Le ton n’est pas exactement révolutionnaire, mais la plupart des gags se regardent avec plaisir (Romeo et Juliette sont un peu faiblards, mais qu’importe). L’avantage c’est que, comme dans toute comédie à sketches, le niveau fluctue et que tout le monde finit par y trouver son compte. La suite de la série promet autant de se moquer de plein d’autres expressions du sexisme, mais aussi de détourner des clichés de la féminité, comme l’indique le tutorial de maquillage ci-dessous :
Tout cela est finalement assez classique, pour autant qu’une comédie féministe puisse être considérée comme « classique ». Mais il y a autre chose. Quelque chose qu’Amy Schumer, puisque c’était mon produit d’appel aujourd’hui, ne fait d’ailleurs pas souvent, même si elle a quand même produit quelques sketches sur sujet.
La vocation de Funny Girls est en effet non seulement de proposer tous ces sketches, mais aussi de parler de la fabrication de ces sketches : la série s’ouvre ainsi sur une séance de brainstorming au cours de laquelle Rose Matafeo, l’actrice principale de la série et l’une des co-scénaristes (Funny Girls est avant tout un travail de collaboration), tente de discuter avec les exécutifs de TVNZ. Le sujet : quel titre pour la série ? Les idées abondent mais hélas, tous les exécutifs sont des hommes… et aucun ne pense que les femmes peuvent être drôles. Au cours de l’épisode, on aura droit à toutes sortes de passages autour de cette idée : Funny Girls n’est pas facile à faire. Parce qu’il n’y a pas d’argent, parce que tout le monde à part les comédiennes s’en contrefout, parce que la productrice (oui, quand même, une femme !) est incompétente, et ainsi de suite. Se dessine aussi, lentement, la personnalité de Matafeo, un peu grande gueule et un peu gaffeuse (j’ai adoré le sketch de la tartine), qui m’a un peu rappelé Ilana Glazer de Broad City.

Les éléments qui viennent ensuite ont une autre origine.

-- ===== src/Prelude/Xor.antt =====
-- The laws of `^`, digit by digit.
use Prim.Native.Nat.{ℕ, zero, suc, ◌+◌, ◌*◌, ◌/◌, ◌%◌, ◌^◌, ◌≤◌, ◌<◌, bit_xor, bit_xor-bitwise}
use mathlib.Core.Path.{◌≡◌, refl, sym, ap, ◌∙◌}
use native.Mathlib.Nat.{pow-suc, div-div-eq-div-mul}
use native.Mathlib.Omega.{arith}
use fast_http.Prelude.Bits.{bit_xor-halves, double_pow}

-- The halves and the lowest digit of a sum of digits.
pub half-bit_xor : (a b : ℕ) → bit_xor a b / 2 ≡ bit_xor (a / 2) (b / 2)
half-bit_xor a b = omega (arith, bit_xor-halves a b)

pub bit_xor-mod : (a b : ℕ) → bit_xor a b % 2 ≡ (a + b) % 2
bit_xor-mod a b = omega (arith, bit_xor-halves a b)

swap_below :
    (n u v p : ℕ) → u ≤ n → v ≤ n → p ≤ n → bit_xor (bit_xor u v) p ≡ bit_xor (bit_xor u p) v
swap_below zero zero zero zero hu hv hp = refl
swap_below zero zero zero (suc p) hu hv hp = absurd (omega arith)
swap_below zero zero (suc v) p hu hv hp = absurd (omega arith)
swap_below zero (suc u) v p hu hv hp = absurd (omega arith)
swap_below (suc n) u v p hu hv hp = omega (
  arith,
  bit_xor-halves (bit_xor u v) p,
  bit_xor-halves (bit_xor u p) v,
  bit_xor-mod u v,
  bit_xor-mod u p,
  ap (λ k. bit_xor k (p / 2)) (half-bit_xor u v),
  ap (λ k. bit_xor k (v / 2)) (half-bit_xor u p),
  swap_below n (u / 2) (v / 2) (p / 2) (omega arith) (omega arith) (omega arith),
)

-- The order in which two words are added to a third does not matter.
pub bit_xor-swap : (u v p : ℕ) → bit_xor (bit_xor u v) p ≡ bit_xor (bit_xor u p) v
bit_xor-swap u v p = swap_below (u + v + p) u v p (omega arith) (omega arith) (omega arith)

pub zero-bit_xor : (a : ℕ) → bit_xor 0 a ≡ a
zero-bit_xor a = bit_xor-bitwise 0 a

-- Parts that have no digit in common are added.
pub bit_xor-disjoint : (k r q : ℕ) → r < 2 ^ k → bit_xor r (q * 2 ^ k) ≡ q * 2 ^ k + r
bit_xor-disjoint zero r q h =
    ap (λ t. bit_xor t (q * 2 ^ 0)) {x = r} {y = 0} (omega arith)
    ∙ omega (arith, zero-bit_xor (q * 2 ^ 0))
bit_xor-disjoint (suc k) r q h = ground (
  arith,
  bit_xor-halves r (q * 2 ^ suc k),
  double_pow q k,
  pow-suc 2 k,
  bit_xor-disjoint k (r / 2) q (omega (arith, pow-suc 2 k)),
)

bit_xor-none : (a : ℕ) → bit_xor a 0 ≡ a
bit_xor-none a =
    ap (λ k. bit_xor k 0) (sym (zero-bit_xor a)) ∙ (bit_xor-swap 0 a 0 ∙ zero-bit_xor a)

-- A word below `2 ^ k` reaches no digit above.
pub bit_xor-high : (k a b : ℕ) → b < 2 ^ k → bit_xor a b / 2 ^ k ≡ a / 2 ^ k
bit_xor-high zero a b h =
    ap (λ t. bit_xor a t / 2 ^ 0) {x = b} {y = 0} (omega arith)
    ∙ ap (λ t. t / 2 ^ 0) (bit_xor-none a)
bit_xor-high (suc k) a b h =
    halved (bit_xor a b) k
    ∙ ap (λ t. t / 2 ^ k) (half-bit_xor a b)
    ∙ bit_xor-high k (a / 2) (b / 2) (omega (arith, pow-suc 2 k))
    ∙ sym (halved a k)
  where
    halved : (x k : ℕ) → x / 2 ^ suc k ≡ x / 2 / 2 ^ k
    halved x k =
        ap (λ t. x / t) {x = 2 ^ suc k} {y = 2 * 2 ^ k} (omega (arith, pow-suc 2 k))
        ∙ sym (div-div-eq-div-mul x 2 (2 ^ k))
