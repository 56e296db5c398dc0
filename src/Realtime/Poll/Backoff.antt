-- ===== src/Realtime/Poll/Backoff.antt =====
-- The bounds and the progress of the back-off.
use weather.Common.{
  ℕ, zero, suc, ◌+◌, ◌-◌, ◌*◌, ◌^◌, ◌≤◌, ◌<◌, ◌≡◌, refl, ap, ◌∙◌, Bool, true, false, min, arith,
  List, [], ◌∷◌, ◌++◌, replicate,
}
use native.Mathlib.Nat.{pow-suc}
use native.Mathlib.Decide.{dec_le}
use weather.Common.Int.{ℤ, pos, negsuc, pos_part, neg_part}
use weather.Common.Result.{ok}
use weather.Realtime.Poll.{
  PollState, PollConfig, PollStateMachine, make_machine, base_interval, jitter_interval,
  next_interval, on_poll_success, run_polls, millionth,
}

-- The back-off level stays between its initial and its greatest value.
pub record IsValid (m : PollStateMachine) : Type 0 where
  pub above : m.config.backoff_initial ≤ m.backoff_level
  pub below : m.backoff_level ≤ m.config.backoff_max
  pub small : m.config.jitter_fraction < millionth

on_poll_success-IsValid :
    (m : PollStateMachine) (activity : Bool) → IsValid m → IsValid (on_poll_success m activity)
unfolding on_poll_success
on_poll_success-IsValid m activity h = ground arith

run_polls-IsValid :
    (m : PollStateMachine) (polls : List Bool) → IsValid m → IsValid (run_polls m polls)
unfolding run_polls
run_polls-IsValid m [] h = h
run_polls-IsValid m (a ∷ polls) h =
    run_polls-IsValid (on_poll_success m a) polls (on_poll_success-IsValid m a h)

-- A machine that the constructor accepts keeps its back-off level between the two bounds of its
-- configuration through every run of polls.
pub machine-IsValid :
    (c : PollConfig) (m : PollStateMachine) (polls : List Bool)
    → make_machine c ≡ ok m
    → IsValid (run_polls m polls)
unfolding make_machine
machine-IsValid c m polls e = run_polls-IsValid m polls (ground arith)

-- The sleep lies within the jitter of the base interval, for every draw that the random source
-- may give, and it is never cut off at zero.
pub next_interval_bounds :
    (m : PollStateMachine) (draw : ℤ)
    → IsValid m
    → pos_part draw ≤ m.config.jitter_fraction
    → neg_part draw ≤ m.config.jitter_fraction
    → (base_interval m * (millionth - m.config.jitter_fraction) ≤ next_interval m draw)
      × (next_interval m draw ≤ base_interval m * (millionth + m.config.jitter_fraction))
unfolding next_interval jitter_interval
next_interval_bounds m (pos d) v up down = grind arith
next_interval_bounds m (negsuc d) v up down = grind arith

pow_pos : (n : ℕ) → 1 ≤ 2 ^ n
pow_pos zero = omega arith
pow_pos (suc n) = rw pow-suc (omega (arith, pow_pos n))

le_mul : (a p : ℕ) → 1 ≤ p → a ≤ a * p
le_mul a p h = grind arith

mul_mono : (a b p : ℕ) → a ≤ b → a * p ≤ b * p
mul_mono a b p h = grind arith

double_min : (l top p : ℕ) → 1 ≤ p → min (min (l * 2) top * p) top ≡ min (l * (p * 2)) top
double_min l top p h = elim (dec_le (l * 2) top) [
  | yes low ↦ let e : min (l * 2) top ≡ l * 2 = omega arith in rw e (omega arith)
  | no high ↦
      let e : min (l * 2) top ≡ top = omega arith in
      rw e (omega (arith, le_mul top p h, mul_mono top (l * 2) p (omega arith)))
]

abbrev backing_off : PollConfig → ℕ → PollStateMachine
backing_off c level = record { config = c; state = PollState.backoff; backoff_level = level }

backing_off-run :
    (c : PollConfig) (level n : ℕ)
    → level ≤ c.backoff_max
    → run_polls (backing_off c level) (replicate n false)
      ≡ backing_off c (min (level * 2 ^ n) c.backoff_max)
unfolding run_polls on_poll_success
backing_off-run c level zero h = ap (backing_off c) (omega arith)
backing_off-run c level (suc n) h =
    backing_off-run c (min (level * 2) c.backoff_max) n (omega arith)
    ∙ ap (backing_off c) (rw (pow-suc 2 n) (double_min level c.backoff_max (2 ^ n) (pow_pos n)))

-- From the last poll with activity on, the first idle poll brings the initial back-off, and every
-- further one doubles it up to the greatest: after `n` more it is the smaller of
-- `initial * 2 ^ n` and the greatest.
pub backoff_doubles :
    (m : PollStateMachine) (n : ℕ)
    → IsValid m
    → let later = run_polls m (true ∷ false ∷ replicate n false) in
      (later.state ≡ PollState.backoff)
      × (base_interval later ≡ min (m.config.backoff_initial * 2 ^ n) m.config.backoff_max)
unfolding run_polls on_poll_success base_interval
backoff_doubles m n v =
    rw (backing_off-run m.config m.config.backoff_initial n (omega arith)) (refl, refl)

-- A poll with activity sets the fast cadence from every state, and forgets the back-off.
pub activity_resets :
    (m : PollStateMachine) (polls : List Bool)
    → let later = run_polls m (polls ++ true ∷ []) in
      (base_interval later ≡ m.config.publication_interval)
      × (later.backoff_level ≡ m.config.backoff_initial)
unfolding run_polls on_poll_success base_interval
activity_resets m [] = (refl, refl)
activity_resets m (a ∷ polls) =
    let same : (on_poll_success m a).config ≡ m.config = ground arith in
    let (p, q) = activity_resets (on_poll_success m a) polls in
    (p ∙ ap (λ c. c.publication_interval) same, q ∙ ap (λ c. c.backoff_initial) same)
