-- ===== src/Realtime/Poll/Examples.antt =====
-- Tests of the poll machine, and the theorems about it at concrete inputs.
use weather.Common.{◌≡◌, refl, false, [], ◌∷◌}
use weather.Common.Result.{raises, Error}
use weather.Realtime.Poll.{
  PollState, PollConfig, PollStateMachine, make_machine, base_interval, run_polls, on_poll_success,
}

-- The default configuration, in seconds.
abbrev config : PollConfig
config = record {
  active_interval = 600;
  publication_interval = 120;
  backoff_initial = 1800;
  backoff_max = 3600;
  jitter_fraction = 100_000;
  discovery_failure_retry = 60;
}

abbrev machine : PollStateMachine
machine = record { config = config; state = PollState.active; backoff_level = 1800 }

bad_backoff_test : make_machine (record config { backoff_max = 10 }) ≡ raises Error.bad_backoff
unfolding make_machine
bad_backoff_test = refl

idle_test : base_interval (run_polls machine (false ∷ false ∷ false ∷ [])) ≡ 3600
unfolding run_polls on_poll_success base_interval
idle_test = refl
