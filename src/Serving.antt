-- ===== src/Serving.antt =====
-- The serving tier.
pub mod Leases
pub mod Breaker
pub mod StoreCache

C’est en tous cas cette démarche de créer une mise en abime, de fictionnaliser sa fabrication, et de garder un regard acerbe sur sa propre existence, qui permet à Funny Girl de ne pas se prendre totalement au sérieux tout en s’assurant que les rires ne sont pas gratuits. C’est aussi ce qui lui vaut de figurer sur ce site, car comme vous le savez, je n’écris pas de reviews sur les émissions de divertissement (… genre Inside Amy Schumer, au hasard).
A défaut d’être un sans-faute, le résultat est rythmé, et plutôt incisif, ce qui est tout ce qu’on demande à une série de ce type. De toute façon, personne ne vous oblige à l’aimer, cette comédie. L’essentiel est de pouvoir dire que vous la connaissez.